But I will fess up to something here: I used to like it. I even went to go see Twilight the movie. It wasn’t long, however, before I began to notice this EXTREME hype over the series. I began to think to myself: is this book series REALLY worth it? So I decided to pick up the book and look at it from a literary standpoint. I wanted to judge the plot, the characters, etc.
I gave up on the first chapter of the first book. Haven’t touched any of them since.
To any Twilight-lovers out there, I mean no disrespect. And if you do not want to hear me bash your Edward Cullen or Jacob Black, (Or whichever team your on.) please move on to another article. If you love Twilight and you’re STILL reading this article, please do not bash me. These are my opinions, and my opinions only.
Now, continuing right along. I have many issues with this book. So let’s start with the main character herself: Bella.
Let’s look at this character thoroughly. She’s pretty, (But she doesn’t think she is) nice, and everyone loves her. (Expect for those evil vampires and jealous snobs, of course.) This girl is sounding and awful lot like another girl I’ve heard of before. A girl that is the enemy of all female characters in literature, the one girl that you DON’T want your character to be by any means…
For those of you that do not know, Mary Sues are female characters that are perfect. Everyone likes them, they’re pretty, nice, and have an ‘unusual’ talent that sets them apart from everyone else. Often these characters will deny their own greatness, adding humbleness to the long list of good traits. They’re perfect, darling, selfless, tragic heroines that only want to have happiness. In one word: perfect.
In another word: boring.
People aren’t actually like that. People have mean thoughts, cut in line at lunch, curse, get angry at their parents, tell their little siblings to bug off, wouldn‘t readily sacrifice themselves to save an acquaintance. It doesn’t necessarily make them bad. It makes them human.
Bella, for the most part, does not show any signs of life to me. She’s a Mary Sue that is completely and totally dependent on her abusive boyfriend. (Who wants to EAT her.) When her boyfriend dumps her, she moves from boring to annoying beyond belief. Our tragic heroine becomes suicidal, thrill-seeking, and whiny. (Well, she was whiny to begin with. If you don’t like the rain don’t move to the rainiest town in the U.S., honey.) Meanwhile she beings to fall for Jacob Black, the only three-dimensional character in the entire series. But, of course, she rejects our lovable wolf boy and goes back to the vampire boy at the drop of a hat. Even though he left her in the woods, made her suicidal and delusional, and is abusive.
Now we move on to our dashing (Ugh.) leading man. The brooding Edward Cullen. Who is as blank and lifeless as the rocks I decorate my bookshelf with. Actually, I take that back. Looking over granite and pebbles is interesting compared to his personality. Meyer did do this right, however. She made a character so blank and lifeless that young teenaged girls could automatically make him into their own personal prince charming.

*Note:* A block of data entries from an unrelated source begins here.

-- ===== src/Voice/Speakers.antt =====
-- segmentTurnOverlap and assignSpeakersToSegments of apps/gateway/src/lib/voice/diarize.ts. The middle of
-- a segment is half of `start + end`, so middles and distances are doubled.
use Prim.Native.String.{String}
use modelforge_ai.Base.{
  ℕ, ◌+◌, ◌-◌, ◌*◌, min, max, Bool, true, ◌&&◌, ◌||◌, Option, none, some, List, [], ◌∷◌, map,
  if◌then◌else◌, ltb, leb, ◌==◌ as nat_beq,
}
use modelforge_ai.Base.Text.{◌==◌, text_eq}
use modelforge_ai.Base.Preds.{find}
use modelforge_ai.Voice.Turns.{DiarizationTurn, sort_turns}
use modelforge_ai.Voice.Segments.{TranscriptSegment}

-- Math.max(0, …) is the subtraction that stops at 0.
abbrev pub segment_turn_overlap : ℕ → ℕ → ℕ → ℕ → ℕ
segment_turn_overlap seg_start seg_end turn_start turn_end =
    min seg_end turn_end - max seg_start turn_start

abbrev pub overlap : TranscriptSegment → DiarizationTurn → ℕ
overlap segment turn = segment_turn_overlap segment.start_sec segment.end_sec turn.start turn.end

abbrev pub twice_mid : TranscriptSegment → ℕ
twice_mid segment = segment.start_sec + segment.end_sec

abbrev pub contains_mid : TranscriptSegment → DiarizationTurn → Bool
contains_mid segment turn =
    leb (2 * turn.start) (twice_mid segment) && leb (twice_mid segment) (2 * turn.end)

abbrev pub distance : TranscriptSegment → DiarizationTurn → ℕ
distance segment turn =
    if ltb (twice_mid segment) (2 * turn.start)
    then 2 * turn.start - twice_mid segment
    else if ltb (2 * turn.end) (twice_mid segment)
    then twice_mid segment - 2 * turn.end
    else 0

-- `!bestSpeaker`: null, or an empty text.
abbrev pub is_missing : Option String → Bool
is_missing none = true
is_missing (some name) = name == ""

abbrev pub better_overlap :
    TranscriptSegment → DiarizationTurn → Option String × ℕ → Option String × ℕ
better_overlap segment turn (who, best) =
    if ltb best (overlap segment turn)
    then (some turn.speaker, overlap segment turn)
    else (who, best)

unfoldable pub best_overlap :
    TranscriptSegment → List DiarizationTurn → Option String × ℕ → Option String × ℕ
best_overlap segment [] best = best
best_overlap segment (turn ∷ turns) best =
    best_overlap segment turns (better_overlap segment turn best)

-- bestDist starts at Infinity, which is `none`.
abbrev pub is_nearer : ℕ → Option ℕ → Bool
is_nearer dist none = true
is_nearer dist (some best) = ltb dist best

abbrev pub nearer :
    TranscriptSegment → DiarizationTurn → Option String × Option ℕ → Option String × Option ℕ
nearer segment turn (who, best) =
    if is_nearer (distance segment turn) best
    then (some turn.speaker, some (distance segment turn))
    else (who, best)

unfoldable pub nearest :
    TranscriptSegment → List DiarizationTurn → Option String × Option ℕ → Option String × Option ℕ
nearest segment [] best = best
nearest segment (turn ∷ turns) best = nearest segment turns (nearer segment turn best)

abbrev pub speaker_of : Option DiarizationTurn → Option String → Option String
speaker_of none before = before
speaker_of (some turn) before = some turn.speaker

abbrev pub speaker_at_mid : TranscriptSegment → List DiarizationTurn → Option String → Option String
speaker_at_mid segment turns before =
    let who = speaker_of (find (contains_mid segment) turns) before in
    if is_missing who then (nearest segment turns (who, none)).0 else who

abbrev pub choose_speaker :
    TranscriptSegment → List DiarizationTurn → Option String × ℕ → Option String
choose_speaker segment turns (who, best) =
    if is_missing who || nat_beq best 0 then speaker_at_mid segment turns who else who

unfoldable pub assign_speaker : List DiarizationTurn → TranscriptSegment → TranscriptSegment
assign_speaker turns segment = record segment {
  speaker = choose_speaker segment turns (best_overlap segment turns (none, 0));
}

unfoldable pub assign_speakers_to_segments :
    List TranscriptSegment → List DiarizationTurn → List TranscriptSegment
assign_speakers_to_segments segments [] = segments
assign_speakers_to_segments segments (turn ∷ turns) =
    map (assign_speaker (sort_turns (turn ∷ turns))) segments
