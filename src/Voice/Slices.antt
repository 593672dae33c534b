-- ===== src/Voice/Slices.antt =====
-- sliceTextByTimeOverlap and mergeAsrSegmentsIntoTurns of apps/gateway/src/lib/voice/diarize.ts. The ratios,
-- which the code computes in floating point, are the exact fractions here.
use modelforge_ai.Base.{
  ℕ, ◌+◌, ◌-◌, ◌*◌, ◌/◌, min, max, Bool, not, Option, none, some, List, [], ◌∷◌, map, length, take,
  drop, if◌then◌else◌, ltb, leb,
}
use modelforge_ai.Base.Preds.{filter}
use modelforge_ai.Base.Units.{Units, is_empty, trim}
use modelforge_ai.Voice.Turns.{DiarizationTurn, sort_turns}
use modelforge_ai.Voice.Segments.{TranscriptSegment}
use modelforge_ai.Voice.Speakers.{overlap}
use modelforge_ai.Voice.Words.{words_of, join_words, squeeze}

-- Math.ceil of the fraction.
abbrev pub ceil_div : ℕ → ℕ → ℕ
ceil_div a b = (a + (b - 1)) / b

abbrev pub segment_duration : ℕ → ℕ → ℕ
segment_duration seg_start seg_end = max 10 (seg_end - seg_start)

-- Which of n words the slice begins with, and before which it ends.
abbrev pub first_word : ℕ → ℕ → ℕ → ℕ
first_word n duration offset = min (n - 1) (offset * n / duration)

abbrev pub end_word : ℕ → ℕ → ℕ → ℕ → ℕ
end_word n duration offset first = max (first + 1) (min n (ceil_div (offset * n) duration))

abbrev pub is_mostly_inside : ℕ → ℕ → Bool
is_mostly_inside overlapped duration = leb (85 * duration) (100 * overlapped)

abbrev pub words_between : List Units → ℕ → ℕ → List Units
words_between words first last = take (last - first) (drop first words)

-- The words of the slice, those of the whole segment where it is mostly inside.
unfoldable pub slice_words : List Units → ℕ → ℕ → ℕ → ℕ → List Units
slice_words [] seg_start seg_end slice_start slice_end = []
slice_words (w ∷ ws) seg_start seg_end slice_start slice_end =
    let duration = segment_duration seg_start seg_end in
    let overlap_start = max seg_start slice_start in
    let overlap_end = min seg_end slice_end in
    let n = length (w ∷ ws) in
    let first = first_word n duration (overlap_start - seg_start) in
    if leb overlap_end overlap_start
    then []
    else if is_mostly_inside (overlap_end - overlap_start) duration
    then w ∷ ws
    else words_between (w ∷ ws) first (end_word n duration (overlap_end - seg_start) first)

unfoldable pub insert_segment : TranscriptSegment → List TranscriptSegment → List TranscriptSegment
insert_segment s [] = s ∷ []
insert_segment s (r ∷ rs) =
    if leb s.start_sec r.start_sec then s ∷ r ∷ rs else r ∷ insert_segment s rs

-- .sort((a, b) => a.startSec - b.startSec)
unfoldable pub sort_segments : List TranscriptSegment → List TranscriptSegment
sort_segments [] = []
sort_segments (s ∷ ss) = insert_segment s (sort_segments ss)

abbrev pub has_text : TranscriptSegment → Bool
has_text s = not (is_empty s.text)

-- A segment as diarize.ts makes it, with the fields that it sets.
abbrev pub turn_segment : DiarizationTurn → Units → Option ℕ → TranscriptSegment
turn_segment turn said confident = record {
  start_sec = turn.start;
  end_sec = turn.end;
  text = said;
  text_en = none;
  confidence = confident;
  speaker = some turn.speaker;
  speaker_id = none;
}

module _ (is_space : ℕ → Bool) where
  -- The code trims only a part of the words; where it keeps them all there is nothing to trim.
  unfoldable pub slice_text_by_time_overlap : Units → ℕ → ℕ → ℕ → ℕ → Units
  slice_text_by_time_overlap text seg_start seg_end slice_start slice_end =
      trim is_space
        (join_words (slice_words (words_of is_space text) seg_start seg_end slice_start slice_end))

  abbrev pub overlapping : DiarizationTurn → List TranscriptSegment → List TranscriptSegment
  overlapping turn segments =
      sort_segments (filter (λ (s : TranscriptSegment). ltb 50 (overlap s turn)) segments)

  abbrev pub slice_for : DiarizationTurn → TranscriptSegment → Units
  slice_for turn s = slice_text_by_time_overlap s.text s.start_sec s.end_sec turn.start turn.end

  -- The slices that are not empty.
  unfoldable pub parts_of : DiarizationTurn → List TranscriptSegment → List Units
  parts_of turn segments =
      filter (λ part. not (is_empty part)) (map (slice_for turn) (overlapping turn segments))

  abbrev pub add_turn :
      DiarizationTurn → List Units → List TranscriptSegment → List TranscriptSegment
  add_turn turn [] out = out
  add_turn turn (part ∷ parts) out =
      turn_segment turn (squeeze is_space (join_words (part ∷ parts))) none ∷ out

  unfoldable pub merge_turns :
      List TranscriptSegment → List DiarizationTurn → List TranscriptSegment
  merge_turns segments [] = []
  merge_turns segments (turn ∷ turns) =
      add_turn turn (parts_of turn segments) (merge_turns segments turns)

  unfoldable pub merge_asr_segments_into_turns :
      List TranscriptSegment → List DiarizationTurn → List TranscriptSegment
  merge_asr_segments_into_turns segments [] = segments
  merge_asr_segments_into_turns segments (turn ∷ turns) =
      filter has_text (merge_turns segments (sort_turns (turn ∷ turns)))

Let’s dissect what little character we have in this vampire. Edward is dark, brooding, mysterious, and he wants to rip his girlfriend’s throat open. Charming. Edward is a Gary Stue, a male version of a Mary Sue. The only tinkle of life in him is that he plays piano…which isn’t really very unique. (Lestat, anyone?) He’s also abusive. Now I know what some of you might be thinking: WHAT?! ABUSIVE? He never hits her!
Doesn’t have to.
Abuse in a relationship isn’t limited to hitting, people. Insulting and controlling behavior also count. While he never insults her, he controls her. A lot. A prime example is this is when Edward rips the jumper cables out of Bella’s car so she can’t go see Jacob. Not only is that controlling, that is illegal. He also bribes his sister to essentially kidnap her and keep her busy. Again, I know what you’re thinking: it was all out of love! Well then picture this. You work for months and months babysitting until you have the money for a nice car. You get said car and are ecstatic. Life is good. You have plenty of friends, a boyfriend, and now a nice new car that you actually earned! Where to go, what to do? One Saturday you mention to your boyfriend that you’re going to go see a friend that you’ve known since preschool to show him your new car. Your boyfriend doesn’t like that. He breaks your car so that you can’t go see your friend. Not only that, but you also have to save up even more money to get repairs. All because your boyfriend was ‘worried.’
Among another few crimes, Edward sneaks into her room before they even start to date and watches her sleep. Maybe if you’re married and you lay awake to watch your spouse smile in their sleep, that’s ok. That’s cute! But when you’re watching someone you barely know? And you sneak into their house to do that? That’s called stalking, not to mention breaking and entering.
My third point is that this series has no plot. A vampire boy and a human girl fall in love. And…what? Does the town find out about the vampire and she has to help him and his family keep safe? Or is there some task the girl must accomplish to become a vampire herself? If you want to make it REALLY creative, maybe vampires and other ‘monsters’ are at war with the humans! Instead we get this:
Love at first sight
Lovey dovey stuff
Edward is a walking disco ball, apparently
Oh! Vampire wants to eat her!
Bella sacrifices herself. OMG, HOW HEROIC!
Bella has to get her butt saved. (1)
Happy ending, dance at the prom.
Enter three-dimensional character
Bella rejects three-dimensional character
Three-dimensional character is…apparently a werewolf. Yay?
Bella nearly gets her ex killed because she’s suicidal and an adrenaline junkie
Bella saves her ex
Bella gets saved by her ex (2)
Edward and Bella get back together. Jacob whimpers in the corner.
Evil vampire’s mistress comes back! Oh!
Bella realizes she loves Jacob too
Bella chooses Edward over Jacob anyway
Bella gets her butt saved (Too many times to count.)
Bella and Edward get married
Enter disgusting sex stuff. (Those poor, poor pillows.)
Edward performs the worst C-section in the history of man (and vampire)
Bella’s a vampire now! She lives forever now! …crap
Jacob falls in love with the NEWBORN BABY. EW. EW. EW. EW. EW. EW.
Insert minor conflict here that could really have been left out all together
End of the series.
That’s all I have to say on this series.
P.S: Why do the vampires SPARKLE, of all things?!